Elementary and Intermediate Algebra: Concepts & Applications (6th Edition)

$2(x^{a}+2y^{b})(x^{2a}-2x^ay^{b}+4y^{2b})$
Factoring the $GCF= 2,$ the given expression is equivalent to \begin{array}{l}\require{cancel} 2x^{3a}+16y^{3b} \\\\= 2(x^{3a}+8y^{3b}) .\end{array} The expressions $x^{3a}$ and $8y^{3b}$ are both perfect cubes (the cube root is exact).

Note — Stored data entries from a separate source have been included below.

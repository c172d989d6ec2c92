-- ===== src/Binary/Grammars/Accepted.antt =====
-- What a binary grammar must start with to be accepted.
use vislcg.Base.{
  ltb, leb, ◌==◌, ltb→le, leb→le, Bool-cases, ℕ, ◌≤◌, ◌≡◌, refl, ◌⊎◌, inl, inr, Bool, true, false,
  ◌&&◌, none, some, [], ◌∷◌, arith,
}
use vislcg.Binary.{Bytes, Reader, after, ◌>>=◌, fail, guard, read8, read32}
use vislcg.Binary.Fields.{Platform}
use vislcg.Binary.Grammars.{
  Grammar, feature_rev, too_old, last_old_format, read_magic, read_revision, parse_grammar,
}
use vislcg.Binary.Grammars.Extends.{after-eq_some}

-- The bytes `CG3B`, and a revision that is of the old format or between the oldest and the newest of this one.
pub record IsAccepted (s : Bytes) : Type 0 where
  pub rest : Bytes
  pub revision : ℕ
  pub body : Bytes
  pub magic : s ≡ 67 ∷ 71 ∷ 51 ∷ 66 ∷ rest
  pub revised : read32 rest ≡ some (revision, body)
  pub known : (revision ≤ last_old_format) ⊎ ((too_old ≤ revision) × (revision ≤ feature_rev))

none-some : {A : Type 0} {x : A} → none ≡ some x → ⊥
none-some e = cc

known_revision :
    (pf : Platform) (old : Reader Grammar) (revision : ℕ) (s : Bytes) {g : Grammar × Bytes}
    → read_revision pf old revision s ≡ some g
    → (revision ≤ last_old_format) ⊎ ((too_old ≤ revision) × (revision ≤ feature_rev))
unfolding read_revision fail
known_revision pf old revision s e = elim (Bool-cases (leb revision last_old_format)) [
  | inl l ↦ inl (leb→le _ _ l)
  | inr l ↦ elim (Bool-cases (ltb revision too_old)) [
    | inl m ↦ absurd (none-some (rw (l, m) at e))
    | inr m ↦ elim (Bool-cases (ltb feature_rev revision)) [
      | inl n ↦ absurd (none-some (rw (l, m, n) at e))
      | inr n ↦ inr (ltb→le _ _ m, ltb→le _ _ n)
    ]
  ]
]

same_bytes :
    (a b c d : ℕ) (s : Bytes)
    → (a == 67 && b == 71 && c == 51 && d == 66) ≡ true
    → (a ∷ b ∷ c ∷ d ∷ s) ≡ 67 ∷ 71 ∷ 51 ∷ 66 ∷ s
same_bytes a b c d s e = ground (arith, e)

guard-eq_some : (b : Bool) (s : Bytes) {r : Unit {0} × Bytes} → guard b s ≡ some r → b ≡ true
unfolding guard
guard-eq_some true s e = refl
guard-eq_some false s e = cc

after_magic :
    (pf : Platform) (old : Reader Grammar) (a b c d : ℕ) (s r : Bytes) (g : Grammar)
    → parse_grammar pf old (a ∷ b ∷ c ∷ d ∷ s) ≡ some (g, r)
    → ((a == 67 && b == 71 && c == 51 && d == 66) ≡ true)
      × ((read32 >>= read_revision pf (λ rest. old (a ∷ b ∷ c ∷ d ∷ s))) s ≡ some (g, r))
unfolding parse_grammar read_magic read8 guard ◌>>=◌ after
after_magic pf old a b c d s r g e = elim (Bool-cases (a == 67 && b == 71 && c == 51 && d == 66)) [
  | inl m ↦ (m, rw (m) at e)
  | inr m ↦ absurd (none-some (rw (m) at e))
]

-- A stream from which a grammar is read begins with the magic bytes and a revision that the loader knows; any other is refused.
pub parse_grammar-IsAccepted :
    (pf : Platform) (old : Reader Grammar) (s r : Bytes) (g : Grammar)
    → parse_grammar pf old s ≡ some (g, r)
    → IsAccepted s
unfolding parse_grammar read_magic read8 ◌>>=◌ after
parse_grammar-IsAccepted pf old [] r g e = absurd (none-some e)
parse_grammar-IsAccepted pf old (a ∷ []) r g e = absurd (none-some e)
parse_grammar-IsAccepted pf old (a ∷ b ∷ []) r g e = absurd (none-some e)
parse_grammar-IsAccepted pf old (a ∷ b ∷ c ∷ []) r g e = absurd (none-some e)
parse_grammar-IsAccepted pf old (a ∷ b ∷ c ∷ d ∷ s) r g e =
    let opened = after_magic pf old a b c d s r g e in
    let found =
      after-eq_some (read_revision pf λ rest. old (a ∷ b ∷ c ∷ d ∷ s)) (read32 s) opened.1 in
    record {
      rest = s;
      revision = found.0;
      body = found.1;
      magic = same_bytes a b c d s opened.0;
      revised = found.2;
      known = known_revision pf _ found.0 found.1 found.3;
    }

Hence, $x^{3a}+8y^{3b}$ is a $\text{ sum }$ of $2$ cubes. Using the factoring of the sum or difference of $2$ cubes which is given by $a^3+b^3=(a+b)(a^2-ab+b^2)$ or by $a^3-b^3=(a-b)(a^2+ab+b^2)$ the expression above is equivalent to \begin{array}{l}\require{cancel} 2[(x^{a})^3+(2y^{b})^3] \\\\= 2(x^{a}+2y^{b})[(x^{a})^2-x^a\cdot (2y^{b})+(2y^{b})^2] \\\\= 2(x^{a}+2y^{b})(x^{2a}-2x^ay^{b}+4y^{2b}) .\end{array}